Я не в силах была взглянуть на него. В который уже раз я повторила:
– Я ушла из дома матери. Я отдала Кловису все деньги. Я сказала Египтии, что ты мне нужен, и она согласилась отпустить тебя. - Озадаченная, я сдвинула брови. Как она могла его отпустить? - Я живу в какой-то крысиной норе, в трущобах. Тебе придется притворяться человеком, моим любовником. Не знаю, сумею ли я выжить. Может, в конце концов, и не сумею, тогда ты вернешься к Египтии. Ты с ней спал прошлой ночью?
– Я не сплю, - сказал он.
– Ты знаешь, о чем я. Так как?
– Нет, - сказал он. - Я был в отделении для роботов. Прошлой ночью она была с мужчиной.
Я подняла глаза на его красивое задумчивое лицо.
– Она... тебя...
– Ты выглядишь так, будто необыкновенно взволнована.
– Убить ее мало! - закричала я. Ребяческая угроза, но именно это я имела в виду. Такой ярости, как сейчас, я никогда еще не испытывала, у меня от нее потемнело в глазах.

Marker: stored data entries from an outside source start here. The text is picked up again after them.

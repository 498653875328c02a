-- ===== src/Base/Ascending.antt =====
-- Sorting by a total order: the result is determined by the elements of a list without repeats.
use mathlib.Core.Path.{◌≡◌, refl, sym, ◌∙◌, ap₂, subst}
use mathlib.Core.Logic.{◌↔◌, ◌⊎◌, inl, inr}
use mathlib.Core.Bool.{Bool, true, false}
use mathlib.Core.List.{List, [], ◌∷◌}
use native.Mathlib.Omega.{arith}
use minti.Base.Tests.{Bool-cases}
use minti.Base.Lists.{In}
use minti.Base.Sort.{insert_sorted, sort_slice, IsStrict}

module _ {A : Type 0} (less : A → A → Bool) where
  -- Each element lies below all that follow.
  abbrev pub IsAscending : List A → Type 0
  IsAscending [] = Unit
  IsAscending (x ∷ xs) = ((z : A) → In z xs → less x z ≡ true) × IsAscending xs

  -- No two positions hold elements that the order does not tell apart.
  abbrev pub IsApart : List A → Type 0
  IsApart [] = Unit
  IsApart (x ∷ xs) = ((z : A) → In z xs → (less x z ≡ true) ⊎ (less z x ≡ true)) × IsApart xs

  pub In-insert_sorted : (x z : A) (ys : List A) → In z (insert_sorted less x ys) ↔ In z (x ∷ ys)
  unfolding insert_sorted
  In-insert_sorted x z [] = (λ h. h, λ h. h)
  In-insert_sorted x z (y ∷ ys) = elim (Bool-cases (less y x)) [
    | inl e ↦ rw e (
      λ h. ground (arith, (In-insert_sorted x z ys).0),
      λ h. ground (arith, (In-insert_sorted x z ys).1),
    )
    | inr e ↦ rw e (λ h. h, λ h. h)
  ]

  pub In-sort_slice : (z : A) (xs : List A) → In z (sort_slice less xs) ↔ In z xs
  unfolding sort_slice
  In-sort_slice z [] = (λ h. h, λ h. h)
  In-sort_slice z (x ∷ xs) = (
    λ h. ground (arith, (In-insert_sorted x z (sort_slice less xs)).0 h, (In-sort_slice z xs).0),
    λ h. (In-insert_sorted x z (sort_slice less xs)).1 (ground (arith, (In-sort_slice z xs).1)),
  )

  module _ (s : IsStrict less) where
    pub less_trans : (a b c : A) → less a b ≡ true → less b c ≡ true → less a c ≡ true
    less_trans a b c h k = ground (arith, s.weak a c b h, s.asym b c k)

    insert_IsAscending :
        (x : A) (ys : List A)
        → ((z : A) → In z ys → (less x z ≡ true) ⊎ (less z x ≡ true))
        → IsAscending ys
        → IsAscending (insert_sorted less x ys)
    unfolding insert_sorted
    insert_IsAscending x [] apart h = (λ z k. absurd k, tt)
    insert_IsAscending x (y ∷ ys) apart h = elim (Bool-cases (less y x)) [
      | inl e ↦ rw e (
        λ z k. elim ((In-insert_sorted x z ys).0 k) [
          | inl p ↦ subst (λ w. less y w ≡ true) (sym p) e
          | inr k' ↦ h.0 z k'
        ],
        insert_IsAscending x ys (λ z k. apart z (inr k)) h.1,
      )
      | inr e ↦ rw e (
        λ z k. elim k [
          | inl p ↦ subst (λ w. less x w ≡ true) (sym p) (first e)
          | inr k' ↦ less_trans x y z (first e) (h.0 z k')
        ],
        h,
      )
    ]
      where
        first : less y x ≡ false → less x y ≡ true
        first e = ground (arith, apart y (inl refl))

    pub sort_slice-IsAscending : (xs : List A) → IsApart xs → IsAscending (sort_slice less xs)
    unfolding sort_slice
    sort_slice-IsAscending [] h = tt
    sort_slice-IsAscending (x ∷ xs) h =
        insert_IsAscending x (sort_slice less xs) (λ z k. h.0 z ((In-sort_slice z xs).0 k))
          (sort_slice-IsAscending xs h.1)

    irrefl : (a b : A) → a ≡ b → less a b ≡ true → ⊥
    irrefl a b p h =
        let h' : less a a ≡ true = subst (λ w. less a w ≡ true) (sym p) h in
        ground (arith, s.asym a a)

    heads_equal :
        (x y : A) (xs ys : List A)
        → IsAscending (x ∷ xs)
        → IsAscending (y ∷ ys)
        → In x (y ∷ ys)
        → In y (x ∷ xs)
        → x ≡ y
    heads_equal x y xs ys h k (inl p) _ = p
    heads_equal x y xs ys h k (inr m) (inl q) = sym q
    heads_equal x y xs ys h k (inr m) (inr m') =
        absurd (ground (arith, s.asym x y, h.0 y m', k.0 x m))

    tail-In :
        (x y z : A) (xs ys : List A)
        → IsAscending (x ∷ xs)
        → x ≡ y
        → In z (y ∷ ys)
        → In z xs
        → In z ys
    tail-In x y z xs ys h p (inl q) m = absurd (irrefl x z (p ∙ sym q) (h.0 z m))
    tail-In x y z xs ys h p (inr m') m = m'

    -- Two ascending lists with the same elements are one list.
    pub IsAscending-unique :
        (xs ys : List A) → IsAscending xs → IsAscending ys → ((z : A) → In z xs ↔ In z ys) → xs ≡ ys
    IsAscending-unique [] [] h k same = refl
    IsAscending-unique [] (y ∷ ys) h k same = absurd ((same y).1 (inl refl))
    IsAscending-unique (x ∷ xs) [] h k same = absurd ((same x).0 (inl refl))
    IsAscending-unique (x ∷ xs) (y ∷ ys) h k same =
        let e : x ≡ y = heads_equal x y xs ys h k ((same x).0 (inl refl)) ((same y).1 (inl refl)) in
        ap₂ ◌∷◌ e (
          IsAscending-unique xs ys h.1 k.1 (λ z. (
            λ m. tail-In x y z xs ys h e ((same z).0 (inr m)) m,
            λ m. tail-In y x z ys xs k (sym e) ((same z).1 (inr m)) m,
          )))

Он легонько взял меня за руки.
– Джейн! Какая разница?
– Большая.
– Я - машина.
– А Кловис... наверное, он...
– Кловис не ставил меня в отделение для роботов.
– Ну, конечно. Боже мой, Боже мой! - повторяла я в отчаянии. Он обнял меня, и мы вместе склонились над бассейном, отчетливо отразившись в прокисшей воде.
Наконец, я сказала:
– Если ты не захочешь пойти со мной, я это пойму. Здесь гораздо более эстетично. Он спросил:
– Какие у тебя духи? Такой прекрасный запах.
– Я ничем не душилась.
– Значит, ты сама так пахнешь.
– Не может быть. Запах человеческого тела должен казаться тебе отвратительным, если ты умеешь обонять.

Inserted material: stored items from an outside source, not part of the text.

-- ===== src/Base/Keyed.antt =====
-- Lists of items with a text key: the first item of a key, the order by key that the code sorts by, and
-- the items of a map that is keyed by them.
use mathlib.Core.Path.{◌≡◌, refl, sym, subst, ◌∙◌, ap}
use mathlib.Core.Logic.{◌≢◌, ◌↔◌, inl, inr}
use mathlib.Core.Bool.{Bool, true}
use mathlib.Core.List.{List, [], ◌∷◌, map}
use mathlib.Core.Option.{Option, none, some}
use Prim.Native.String.{String}
use native.Mathlib.Omega.{arith}
use text.Mathlib.Text.{◌==◌}
use text.Mathlib.TextEquality.{eq_iff}
use minti.Base.Tests.{if◌then◌else◌, Bool-cases}
use minti.Base.Lists.{In, IsDistinct}
use minti.Base.Texts.{str_lt, str_lt-asym, str_lt-weak, str_lt-total}
use minti.Base.Sort.{insert_sorted, sort_slice, IsStrict}
use minti.Base.Ascending.{IsAscending, IsApart, IsAscending-unique, sort_slice-IsAscending}
use minti.Base.Dict.{lookup, insert, lookup-insert}

pub str_lt-IsStrict : IsStrict str_lt
str_lt-IsStrict = record { asym = str_lt-asym; weak = λ a b c. str_lt-weak a b c }

str_lt_irrefl : (s t : String) → s ≡ t → str_lt s t ≡ true → ⊥
str_lt_irrefl s t e h =
    let h' : str_lt s s ≡ true = subst (λ w. str_lt s w ≡ true) (sym e) h in
    ground (arith, str_lt-asym s s)

pub IsDistinct-IsApart : (xs : List String) → IsDistinct xs → IsApart str_lt xs
IsDistinct-IsApart [] h = tt
IsDistinct-IsApart (x ∷ xs) h = (
  λ z m. elim (Bool-cases (str_lt x z)) [
    | inl e ↦ inl e
    | inr e ↦ elim (Bool-cases (str_lt z x)) [
      | inl f ↦ inr f
      | inr f ↦ absurd (h.0 (subst (λ w. In w xs) (sym (str_lt-total x z e f)) m))
    ]
  ],
  IsDistinct-IsApart xs h.1,
)

module _ {A : Type 0} (key : A → String) where
  unfoldable pub by_key : A → A → Bool
  by_key a b = str_lt (key a) (key b)

  -- The first item of a key.
  unfoldable pub find : String → List A → Option A
  find k [] = none
  find k (x ∷ xs) = if key x == k then some x else find k xs

  pub by_key-IsStrict : IsStrict by_key
  unfolding by_key
  by_key-IsStrict = record {
    asym = λ a b. str_lt-asym (key a) (key b);
    weak = λ a b c. str_lt-weak (key a) (key b) (key c);
  }

  find-insert_sorted :
      (k : String) (x : A) (ys : List A) → find k (insert_sorted by_key x ys) ≡ find k (x ∷ ys)
  unfolding find insert_sorted by_key
  find-insert_sorted k x [] = refl
  find-insert_sorted k x (y ∷ ys) = ground (
    arith,
    find-insert_sorted k x ys,
    eq_iff (key x) k,
    eq_iff (key y) k,
    str_lt_irrefl (key y) (key x),
  )

  -- Sorting by key does not change which item is the first of a key.
  pub find-sort_slice : (k : String) (xs : List A) → find k (sort_slice by_key xs) ≡ find k xs
  unfolding find sort_slice
  find-sort_slice k [] = refl
  find-sort_slice k (x ∷ xs) =
      find-insert_sorted k x (sort_slice by_key xs)
      ∙ ap (λ o. if key x == k then some x else o) (find-sort_slice k xs)

  pub find_sound : (k : String) (z : A) (xs : List A) → find k xs ≡ some z → In z xs × (key z ≡ k)
  unfolding find
  find_sound k z [] h = ground arith
  find_sound k z (x ∷ xs) h = elim (Bool-cases (key x == k)) [
    | inl e ↦
        let same : some x ≡ some z = rw e at h in (ground arith, ground (arith, eq_iff (key x) k))
    | inr e ↦
        let later : find k xs ≡ some z = rw e at h in
        let (m, p) = find_sound k z xs later in (inr m, p)
  ]

  In-map : (z : A) (xs : List A) → In z xs → In (key z) (map key xs)
  In-map z [] h = absurd h
  In-map z (x ∷ xs) (inl p) = inl (ap key p)
  In-map z (x ∷ xs) (inr h) = inr (In-map z xs h)

  pub find_complete :
      (z : A) (xs : List A) → IsDistinct (map key xs) → In z xs → find (key z) xs ≡ some z
  unfolding find
  find_complete z [] d h = absurd h
  find_complete z (x ∷ xs) d (inl p) =
      rw ((eq_iff (key x) (key z)).1 (ap key (sym p))) (ap some (sym p))
  find_complete z (x ∷ xs) d (inr h) = elim (Bool-cases (key x == key z)) [
    | inl e ↦
        absurd (
          d.0 (subst (λ w. In w (map key xs)) (sym ((eq_iff (key x) (key z)).0 e)) (In-map z xs h)))
    | inr e ↦ rw e (find_complete z xs d.1 h)
  ]

  keys-IsApart : (xs : List A) → IsApart str_lt (map key xs) → IsApart by_key xs
  unfolding by_key
  keys-IsApart [] h = tt
  keys-IsApart (x ∷ xs) h = (λ z m. h.0 (key z) (In-map z xs m), keys-IsApart xs h.1)

  -- Items of different keys are sorted into ascending order.
  pub sort_by_key-IsAscending :
      (xs : List A) → IsDistinct (map key xs) → IsAscending by_key (sort_slice by_key xs)
  sort_by_key-IsAscending xs d =
      sort_slice-IsAscending by_key by_key-IsStrict xs
        (keys-IsApart xs (IsDistinct-IsApart (map key xs) d))

  In-unmap : (k : String) (xs : List A) → In k (map key xs) → (z : A) × In z xs × (k ≡ key z)
  In-unmap k [] h = absurd h
  In-unmap k (x ∷ xs) (inl p) = (x, inl refl, p)
  In-unmap k (x ∷ xs) (inr h) = let (z, m, p) = In-unmap k xs h in (z, inr m, p)

  pub IsAscending-keys : (xs : List A) → IsAscending by_key xs → IsAscending str_lt (map key xs)
  unfolding by_key
  IsAscending-keys [] h = tt
  IsAscending-keys (x ∷ xs) h = (
    λ k m.
        let (z, n, p) = In-unmap k xs m in subst (λ w. str_lt (key x) w ≡ true) (sym p) (h.0 z n),
    IsAscending-keys xs h.1,
  )

  texts-IsDistinct : (xs : List String) → IsAscending str_lt xs → IsDistinct xs
  texts-IsDistinct [] h = tt
  texts-IsDistinct (x ∷ xs) h = (λ m. str_lt_irrefl x x refl (h.0 x m), texts-IsDistinct xs h.1)

  pub ascending-IsDistinct : (xs : List A) → IsAscending by_key xs → IsDistinct (map key xs)
  ascending-IsDistinct xs h = texts-IsDistinct (map key xs) (IsAscending-keys xs h)

  -- Two lists in ascending order that hold the same item of each key are one list.
  pub ascending_unique :
      (xs ys : List A)
      → IsAscending by_key xs
      → IsAscending by_key ys
      → ((k : String) → find k xs ≡ find k ys)
      → xs ≡ ys
  ascending_unique xs ys h k same = IsAscending-unique by_key by_key-IsStrict xs ys h k (λ z. (
    λ m.
        (find_sound (key z) z ys
          (sym (same (key z)) ∙ find_complete z xs (ascending-IsDistinct xs h) m)).0,
    λ m.
        (find_sound (key z) z xs
          (same (key z) ∙ find_complete z ys (ascending-IsDistinct ys k) m)).0,
  ))

  -- A key stands in a list exactly when an item of it is found.
  pub keys_iff : (k : String) (xs : List A) → In k (map key xs) ↔ (find k xs ≢ none)
  unfolding find
  keys_iff k [] = (λ h. absurd h, λ h. absurd (h refl))
  keys_iff k (x ∷ xs) = ground (arith, keys_iff k xs, eq_iff (key x) k)

  -- A map whose items stand under their own keys, each key once.
  abbrev pub IsKeyed : List (String × A) → Type 0
  IsKeyed [] = Unit
  IsKeyed ((k, x) ∷ d) = (k ≡ key x) × (lookup k d ≡ none) × IsKeyed d

  unfoldable pub values : List (String × A) → List A
  values [] = []
  values ((k, x) ∷ d) = x ∷ values d

  pub find-values :
      (k : String) (d : List (String × A)) → IsKeyed d → find k (values d) ≡ lookup k d
  unfolding find lookup values
  find-values k [] h = refl
  find-values k ((here, x) ∷ d) (p, q, h) =
      let ih = find-values k d h in
      subst
        (λ w.
          (if key x == k then some x else find k (values d))
          ≡ (if w == k then some x else lookup k d))
        (sym p) (ap (λ o. if key x == k then some x else o) ih)

  pub values-IsDistinct : (d : List (String × A)) → IsKeyed d → IsDistinct (map key (values d))
  unfolding values
  values-IsDistinct [] h = tt
  values-IsDistinct ((here, x) ∷ d) (p, q, h) = (
    λ m.
        (keys_iff (key x) (values d)).0 m
          (find-values (key x) d h ∙ subst (λ w. lookup w d ≡ none) p q),
    values-IsDistinct d h,
  )

  pub insert-IsKeyed : (x : A) (d : List (String × A)) → IsKeyed d → IsKeyed (insert (key x) x d)
  unfolding insert lookup
  insert-IsKeyed x [] h = (refl, refl, tt)
  insert-IsKeyed x ((here, y) ∷ d) (p, q, h) = elim (Bool-cases (here == key x)) [
    | inl e ↦ rw e (refl, subst (λ w. lookup w d ≡ none) ((eq_iff here (key x)).0 e) q, h)
    | inr e ↦ rw e (
      p,
      rw (lookup-insert (key x) here x d)
          (ground (arith, eq_iff here (key x), eq_iff (key x) here)),
      insert-IsKeyed x d h,
    )
  ]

– Человеческое тело крайне соблазнительно. В конце концов, это лишь особая форма материи.
– С целой кучей всяких органов.
– Тоже вид механизма. Иногда менее эффективный, чем другие. Биологически более привлекательный.
– Угу, - сказала я, как ребенок. Он засмеялся. Я посмотрела на него и проговорила:
– Это ничего не значит, но у меня такое ощущение, будто я продала за тебя свою душу.
– Понимаю, - сказал он. - Хочешь выкупить ее обратно?
– Я хочу только тебя. Глаза его совсем потемнели.
– Тогда я постараюсь сделать так, чтобы ты об этом не жалела.
– Ну, и что здесь такого ужасного? - спросил он два часа спустя, когда я съежилась на пороге своей жалкой каморки на улице Терпимости.
– Надеюсь, я смогу ее согреть. Хотя бы к зиме, если буду экономной и накоплю денег. Еще можно попытаться замазать трещины и дыры.
– Можно.
– Но она так ужасно выглядит. И этот запах...
– Тут нет никакого запаха.
– Есть Запах человеческого горя.
– Так будь счастливой, и он исчезнет.
Я была крайне удручена своим положением, а он, недолго думая, незамысловатой шуткой заставил меня рассмеяться.
– Ну, - начала я, потрогав осыпавшуюся штукатурку, - не знаю, с чего начать. И как.
– Судя по всему, - сказал он, - я стал твоей инвестицией.
Мы снова отправились в город. Переулками, боковыми улочками он водил меня по совершенно не знакомым продуктовым и хозяйственным магазинчикам. Он, не нуждавшийся в еде, советовал мне, что купить, лишь изредка я догадывалась об этом сама. Под сводами надземки он обнаружил открытые сараи, где были свалены в кучу банки с клеем, деревянные планки и настенные зеркала. Он знал, где находится все, что нам необходимо.
День клонился к вечеру, и мы задержались в какой-то забегаловке. Я просила его притвориться человеком, но страхи мои скоро исчезли. Для меня он и был человеком. Но в забегаловке, жутко проголодавшись, я поглощала недорогую, но очень вкусную еду одна, и это меня обеспокоило.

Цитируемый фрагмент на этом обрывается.